Dude, you killed a duck with your face

Elite Series pro Bill Lowen faced a unique problem during an Elite Series tournament on Lake Amistad in 2009.

“Dude, you killed a duck with your face.” Those were some of the strangest words I can remember speaking to a man. I said those words to Elite Series pro Bill Lowen during an Elite Series tournament on Lake Amistad in 2009.

We revisited that day while sitting together eating crawfish with Chris Lane and several friends on Sunday night, while celebrating Lane’s win on the Sabine River.

What you should know, is Lowen and I have been duck hunters our entire lives. We’ve talked a lot over the years about our duck hunting adventures. Being from Ohio, Lowen chased them up and down the Ohio River bottoms to the Great Lakes, along with trips to different southern states every year. And in Arkansas there is a saying, “Every child is born with a duck call in his mouth.” Maybe not all of them, but I was born such a child.

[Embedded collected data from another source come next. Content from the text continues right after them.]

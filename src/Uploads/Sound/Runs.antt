-- ===== src/Uploads/Sound/Runs.antt =====
-- Every run of the upload service from empty tables keeps the sessions sound.
use pyupload_x.Base.{ℕ, ◌≤◌, Option, none, [], Text}
use pyupload_x.Base.Int.{ℤ}
use pyupload_x.Errors.{Result, ok, err}
use pyupload_x.Lifecycle.Mode.{Time}
use pyupload_x.Db.{Db}
use pyupload_x.Storage.{Bytes}
use pyupload_x.Request.{World, Identity, App, Action, route, settle}
use pyupload_x.Uploads.Plan.{NewUpload}
use pyupload_x.Uploads.Create.{create_session}
use pyupload_x.Uploads.Parts.{proxy_upload_part, commit_part}
use pyupload_x.Uploads.Complete.{complete, resume}
use pyupload_x.Uploads.Finish.{abort, refresh, expire_upload_sessions}
use pyupload_x.Uploads.Sound.{IsSound}
use pyupload_x.Uploads.Sound.Steps.{commit_part-IsSound, proxy_upload_part-IsSound}
use pyupload_x.Uploads.Sound.Sessions.{create_session-IsSound, resume-IsSound, refresh-IsSound}
use pyupload_x.Uploads.Sound.Endings.{
  abort-IsSound, complete-IsSound, expire_upload_sessions-IsSound,
}

-- One step of the system: a request of a client, which is rolled back if it raises, a pass of the
-- worker, or a time in which clients reach the backend by presigned links and the clock goes on.
pub data Step {S : Type 0} (app : App S) : World S → World S → Type 0 where
  creates :
      (who : Identity) (r : NewUpload) {w : World S}
      → Step app w (route (create_session app who r) w).1
  puts :
      (who : Identity) (id : ℕ) (n : ℤ) (stream : Bytes) (size : ℕ) (checksum : Option Text)
      {w : World S}
      → Step app w (route (proxy_upload_part app who id n stream size checksum) w).1
  commits :
      (who : Identity) (id : ℕ) (n : ℤ) (etag : Text) (size : ℤ) (checksum : Option Text)
      {w : World S}
      → Step app w (route (commit_part app who id n etag size checksum) w).1
  resumes : (who : Identity) (id : ℕ) {w : World S} → Step app w (route (resume app who id) w).1
  completes : (who : Identity) (id : ℕ) {w : World S} → Step app w (route (complete app who id) w).1
  aborts : (who : Identity) (id : ℕ) {w : World S} → Step app w (route (abort app who id) w).1
  refreshes : (who : Identity) (id : ℕ) {w : World S} → Step app w (route (refresh app who id) w).1
  expires : (batch_size : ℕ) {w : World S} → Step app w (expire_upload_sessions batch_size w).1
  passes :
      (store : S) (later : Time) {w : World S}
      → w.now ≤ later
      → Step app w (record w { store = store; now = later })

pub data Run {S : Type 0} (app : App S) : World S → World S → Type 0 where
  done : {w : World S} → Run app w w
  after : {v w x : World S} → Run app v w → Step app w x → Run app v x

route-IsSound :
    {S A : Type 0} (m : Action S A) (w : World S)
    → IsSound w.db
    → IsSound (m w).1.db
    → IsSound (route m w).1.db
route-IsSound {S = S} {A = A} m w h k = settled (m w) k
  where
    settled : (x : Result A × World S) → IsSound x.1.db → IsSound (settle w.db x.0 x.1).1.db
    settled (ok a, v) s = s
    settled (err e, v) s = h

module _ {S : Type 0} (app : App S) where
  Step-IsSound : {w x : World S} → Step app w x → IsSound w.db → IsSound x.db
  Step-IsSound (creates who r {w}) h =
      route-IsSound (create_session app who r) w h (create_session-IsSound app who r w h)
  Step-IsSound (puts who id n stream size checksum {w}) h =
      route-IsSound (proxy_upload_part app who id n stream size checksum) w h
        (proxy_upload_part-IsSound app who id n stream size checksum w h)
  Step-IsSound (commits who id n etag size checksum {w}) h =
      route-IsSound (commit_part app who id n etag size checksum) w h
        (commit_part-IsSound app who id n etag size checksum w h)
  Step-IsSound (resumes who id {w}) h =
      route-IsSound (resume app who id) w h (resume-IsSound app who id w h)
  Step-IsSound (completes who id {w}) h =
      route-IsSound (complete app who id) w h (complete-IsSound app who id w h)
  Step-IsSound (aborts who id {w}) h =
      route-IsSound (abort app who id) w h (abort-IsSound app who id w h)
  Step-IsSound (refreshes who id {w}) h =
      route-IsSound (refresh app who id) w h (refresh-IsSound app who id w h)
  Step-IsSound (expires batch_size {w}) h = expire_upload_sessions-IsSound batch_size w h
  Step-IsSound (passes store later le) h = h

  -- The sessions and parts stay sound in every run: keys are distinct and none is reused, a number
  -- has at most one row in a session, and a row's number is one of its session's, with the offset
  -- that follows from it. A run is any sequence of requests of any clients, whether they return or
  -- raise, of passes of the worker, and of changes of the backend and the clock.
  pub Run-IsSound : {w x : World S} → Run app w x → IsSound w.db → IsSound x.db
  Run-IsSound done h = h
  Run-IsSound (after run step) h = Step-IsSound step (Run-IsSound run h)

abbrev pub empty_db : Db
empty_db = record {
  uploads = [];
  parts = [];
  files = [];
  events = [];
  outbox = [];
  buckets = [];
  settings = [];
  lifecycle_override = none;
  jobs = [];
  entries = [];
  next_id = 0;
}

pub empty_db-IsSound : IsSound empty_db
empty_db-IsSound = record {
  distinct = tt;
  unique = tt;
  parts = tt;
  old_uploads = tt;
  old_parts = tt;
  old_files = tt;
}
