-- ===== src/Tests/Samples.antt =====
-- A configuration, a backend with fixed answers, and requests for the examples.
use pyupload_x.Base.{ℕ, ◌+◌, true, false, none, some, [], ◌∷◌, length, codes}
use pyupload_x.Base.Int.{pos}
use pyupload_x.Errors.{ok}
use pyupload_x.Config.{Settings, BackendName}
use pyupload_x.Lifecycle.Mode.{Mode, LifecycleAction}
use pyupload_x.Lifecycle.Policy.{PolicyRules, ServerDefault}
use pyupload_x.Db.Uploads.{Dialect}
use pyupload_x.Storage.{StorageAdapter}
use pyupload_x.Request.{World, Identity, App}
use pyupload_x.Uploads.Plan.{NewUpload}
use pyupload_x.Uploads.Sound.Runs.{empty_db}
use pyupload_x.Files.Proxy.{NewFile}

abbrev pub rules : PolicyRules
rules = record {
  allow_client_override = true;
  permanent_allowed = true;
  minimum_ttl_seconds = 1;
  maximum_ttl_seconds = 100;
  allowed_modes = Mode.ttl ∷ Mode.permanent ∷ Mode.expires_at ∷ [];
  allowed_actions = LifecycleAction.delete ∷ [];
}

abbrev pub server : ServerDefault
server = record {
  mode = some Mode.ttl;
  action = some LifecycleAction.delete;
  ttl_seconds = some (pos 10);
}

abbrev pub settings : Settings
settings = record {
  storage = record {
    backend = BackendName.s3;
    default_bucket = codes "b";
    allowed_buckets = codes "b" ∷ [];
  };
  uploads = record {
    default_mode = codes "proxy";
    direct_upload_threshold_bytes = 8;
    object_conflict_policy = codes "replace";
    multipart = record {
      enabled = true;
      default_part_size_bytes = 4;
      minimum_part_size_bytes = 2;
      maximum_part_size_bytes = 8;
      maximum_parts = 10;
      maximum_presign_batch_size = 5;
    };
    session = record {
      expires_after_seconds = 60;
      maximum_lifetime_seconds = 600;
      refresh_enabled = true;
    };
    maximum_bytes = 64;
  };
  presign = record {
    default_expires_seconds = 60;
    maximum_expires_seconds = 600;
    upload_part_expires_seconds = 60;
  };
  permanent_link = record { enabled = true; secret = some (codes "k") };
  directory_upload = record {
    enabled = true;
    limits = record {
      maximum_path_depth = 8;
      maximum_relative_path_bytes = 64;
      maximum_entries_per_manifest_request = 4;
    };
    default_policy = codes "reject";
    allowed_policies = codes "reject" ∷ [];
  };
  lifecycle = record { enabled = true; default_policy = server; policy = rules };
}

-- the state of the backend counts the calls that changed it
abbrev pub storage : StorageAdapter ℕ
storage = record {
  capabilities = record {
    multipart = true;
    presigned_put = true;
    presigned_get = true;
    presigned_upload_part = true;
    list_parts = false;
  };
  backend_name = BackendName.s3;
  is_local = false;
  bucket_exists = λ b n. true;
  create_bucket = λ b n. (ok tt, n + 1);
  delete_bucket = λ b n. (ok tt, n + 1);
  put_object = λ b k stream size type n. (
    ok (record { bucket = b; object_key = k; size_bytes = length stream; etag = some (codes "e") }),
    n + 1,
  );
  get_object = λ b k offset len n. ok [];
  delete_object = λ b k n. (ok tt, n + 1);
  object_exists = λ b k n. false;
  initiate_multipart_upload = λ b k n. (ok (codes "u"), n + 1);
  upload_part = λ b k id number stream size sum n. (
    ok (record {
      part_number = number;
      etag = codes "p";
      size_bytes = pos (length stream);
      checksum_sha256 = none;
    }),
    n + 1,
  );
  list_parts = λ b k id n. ok [];
  complete_multipart_upload = λ b k id parts n.
      (ok (record { bucket = b; object_key = k; size_bytes = 6; etag = some (codes "e") }), n + 1);
  abort_multipart_upload = λ b k id n. (ok tt, n + 1);
  create_presigned_put_url = λ b k seconds. ok (codes "put");
  create_presigned_get_url = λ b k seconds. ok (codes "get");
  create_presigned_upload_part_url = λ b k id number seconds. ok (codes "part");
}

abbrev pub app : App ℕ
app = record { storage = storage; settings = settings; dialect = Dialect.postgresql; nfc = λ s. s }

abbrev pub who : Identity
who = record { tenant_id = codes "t"; principal_id = codes "p" }

abbrev pub start : World ℕ
start = record { db = empty_db; store = 0; now = 1000000 }

abbrev pub new_upload : NewUpload
new_upload = record {
  bucket = codes "b";
  object_key = codes "a/c";
  original_filename = [];
  content_type = none;
  total_size = pos 6;
  part_size = some (pos 4);
  upload_mode = codes "proxy";
  file_fingerprint = none;
  expected_sha256 = none;
  lifecycle = none;
}

abbrev pub new_file : NewFile
new_file = record {
  bucket = codes "b";
  object_key = codes "a/c";
  original_filename = [];
  content_type = none;
  size_bytes = 2;
  stream = 7 ∷ 8 ∷ [];
  checksum_sha256 = none;
  file_fingerprint = none;
  lifecycle = none;
  metadata = [];
}
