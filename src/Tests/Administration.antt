-- ===== src/Tests/Administration.antt =====
-- Updates of the settings at run time, on the small configuration.
use pyupload_x.Base.{◌≡◌, refl, ap, true, none, some, List, [], ◌∷◌, Text, codes, text_eq}
use pyupload_x.Base.Int.{pos}
use pyupload_x.Errors.{ok, err, exception, PyException}
use pyupload_x.Lifecycle.Mode.{Mode, LifecycleAction, contains_mode, contains_action}
use pyupload_x.Ranges.Number.{decimal}
use pyupload_x.Overrides.Values.{null, whole, text, infinite, int_field}
use pyupload_x.Overrides.Effective.{EffectiveSettings, get_effective}
use pyupload_x.Overrides.Update.{SettingsBody, update}
use pyupload_x.Overrides.Stored.{
  NumberSetting, presign, max_file_size, direct_threshold, part_size, session_expiry, configured,
  is_allowed,
}
use pyupload_x.Overrides.Bounds.Steps.{IsWithin}
use pyupload_x.Overrides.Bounds.{update-IsWithin}
use pyupload_x.Overrides.Asked.{update-asked}
use pyupload_x.Overrides.Asked.Body.{
  asked_storage, asked_uploads, asked_lifecycle, StorageIsShort, UploadsIsShort,
}
use pyupload_x.Tests.Samples.{settings, start}

-- A new default bucket and part size, and a default policy that keeps files.
abbrev body : SettingsBody
body = record {
  storage = some (record {
    default_bucket = text (codes " mine ");
    presign_default_expires_seconds = text (codes "1_20");
  });
  uploads = some (record {
    maximum_file_size_bytes = null;
    direct_upload_threshold_bytes = null;
    default_mode = text (codes "automatic");
    default_part_size_bytes = some (whole (pos 8));
    expires_after_seconds = none;
  });
  lifecycle =
      some (some (record { mode = some Mode.permanent; action = none; ttl_seconds = null }));
}

abbrev buckets : List Text
buckets = codes "b" ∷ codes "mine" ∷ []

abbrev updated : EffectiveSettings
updated = record (get_effective settings start.db) {
  default_bucket = codes "mine";
  presign_default_expires_seconds = pos 120;
  default_mode = codes "automatic";
  default_part_size_bytes = pos 8;
  default_policy = record {
    mode = some Mode.permanent;
    action = some LifecycleAction.delete;
    ttl_seconds = some (pos 10);
  };
}

returned : (update settings buckets (some body) start).0 ≡ ok updated
unfolding update
returned = refl

not_caught :
    (update settings buckets
      (some (record {
        storage =
            some (record { default_bucket = null; presign_default_expires_seconds = infinite });
        uploads = none;
        lifecycle = none;
      }))
      start).0
    ≡ err (exception PyException.overflow_error)
unfolding update
not_caught = refl

configured-IsAllowed :
    (n : NumberSetting) → is_allowed settings n (pos (configured settings n)) ≡ true
configured-IsAllowed presign = refl
configured-IsAllowed max_file_size = refl
configured-IsAllowed direct_threshold = refl
configured-IsAllowed part_size = refl
configured-IsAllowed session_expiry = refl

start-IsWithin : IsWithin settings (get_effective settings start.db)
unfolding get_effective text_eq contains_mode contains_action
start-IsWithin = (refl, refl, refl, refl, refl, refl, refl, refl, refl)

update-IsWithin_example :
    IsWithin settings (get_effective settings (update settings buckets (some body) start).1.db)
update-IsWithin_example =
    update-IsWithin settings configured-IsAllowed buckets (some body) start start-IsWithin

update-asked_example :
    (updated ≡ get_effective settings (update settings buckets (some body) start).1.db)
    × (updated
        ≡ asked_lifecycle body.lifecycle (
            asked_uploads body.uploads
              (asked_storage body.storage (get_effective settings start.db))))
unfolding int_field decimal
update-asked_example =
    update-asked settings buckets body start (update settings buckets (some body) start).1 updated
      presign_short uploads_short (ran)
  where
    presign_short : StorageIsShort body.storage
    presign_short = refl

    uploads_short : UploadsIsShort body.uploads
    uploads_short = (refl, refl, refl, refl)

    ran :
        update settings buckets (some body) start
        ≡ (ok updated, (update settings buckets (some body) start).1)
    ran = ap (λ r. (r, (update settings buckets (some body) start).1)) returned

My history with ducks and fowl that inhabit bodies of water all over the United States has somehow stretched to more than 40 years now. Don’t know how many I’ve whacked with a gun…let’s just say probably more than most normal people. I have tens of thousands of photographs of ducks on hard drives, and spent hundreds of days just about anywhere a duck can be hunted, from Chesapeake Bay to California, Canada to Mexico. Mine has been a love, hate relationship with ducks.

There was a time I hated on them so bad: If there had only been one left, I wanted to be the guy that whacked the last one, and actually thought it would be cool if it caught on fire falling to the ground. Whatever it took to put all we duck hunters out of our collective, addictive misery.

And if you ‘bird lovahs’ want to have a go at me in the comments section, I’m good with that. Have at it. But ducks have cost me hundreds of thousands of dollars, five or six jobs (not nearly as good as this one, so it’s all good), about 20 kind of decent girlfriends and nearly a wife. For 20-plus consecutive years, about the only day I would take a day off from duck hunting would be a Sunday when my wife would ‘guilt’ me into going to church, where I should have parked in the spot reserved for visitors.

But now understand the duck gets his revenge in a variety of ways. He often resides in the most miserable of places, and thrives in the most miserable weather and conditions. So the man that pursues him every day must be borderline stupid, hopelessly addicted, or more than likely, both. I’ve often said the most ornery critter on earth is a United States Marine, or a hardcore duck hunter. I’ve talked to Bill Lowen enough to know he is such a man. He has suffered his own misery many times over in pursuit of a duck, so maybe his face met just a bit of justice that day on Lake Amistad.

He was speeding wide open across the lake, and I see him coming towards me and ready my camera to photograph him speeding by. It all happened very quickly. I’m seeing it through a large lens, which makes you lose a bit of depth perception, but I’m also hearing it. What I see through the lens is Lowen driving his boat, then something suddenly flying through air. My first thought is his cap must have flown off.

But what I’m hearing is a sudden scream and the sound of the motor shutting down. I had been ‘panning’ the camera following him running at 70 miles per hour, so when he shut down I temporarily lost him in the lens. When I move the lens back to Lowen I see he’s holding his face in his hands. And I can also see something lying in the water directly behind the boat.

As I troll closer to check on Lowen, it’s all coming together. Just when I thought I had seen a duck get whacked in every conceivable way, I suddenly realized I had not. The object lying in the water behind Lowen’s boat was not his cap; it was a floating, expired duck that had met his demise after meeting Bill Lowen’s face at 70 miles per hour.

One last note to add:

What I’ve called a duck that met Bill Lowen’s face was actually a coot. They say a coot is not technically considered a duck. It resides in its own sorta sub-species…kinda like Aaron Martens. And I mean that in a loving way. They are both just very unique creatures, and there’s no way you could know everything about either. We just accept and love them just the way they are.

And finally, and we’ve all done it….the next time you go flying through a huge flock of coots in your boat, don’t forget to ‘duck.’

Editor’s note: While a duck was harmed in the telling of this story, Bill Lowen escaped unscathed.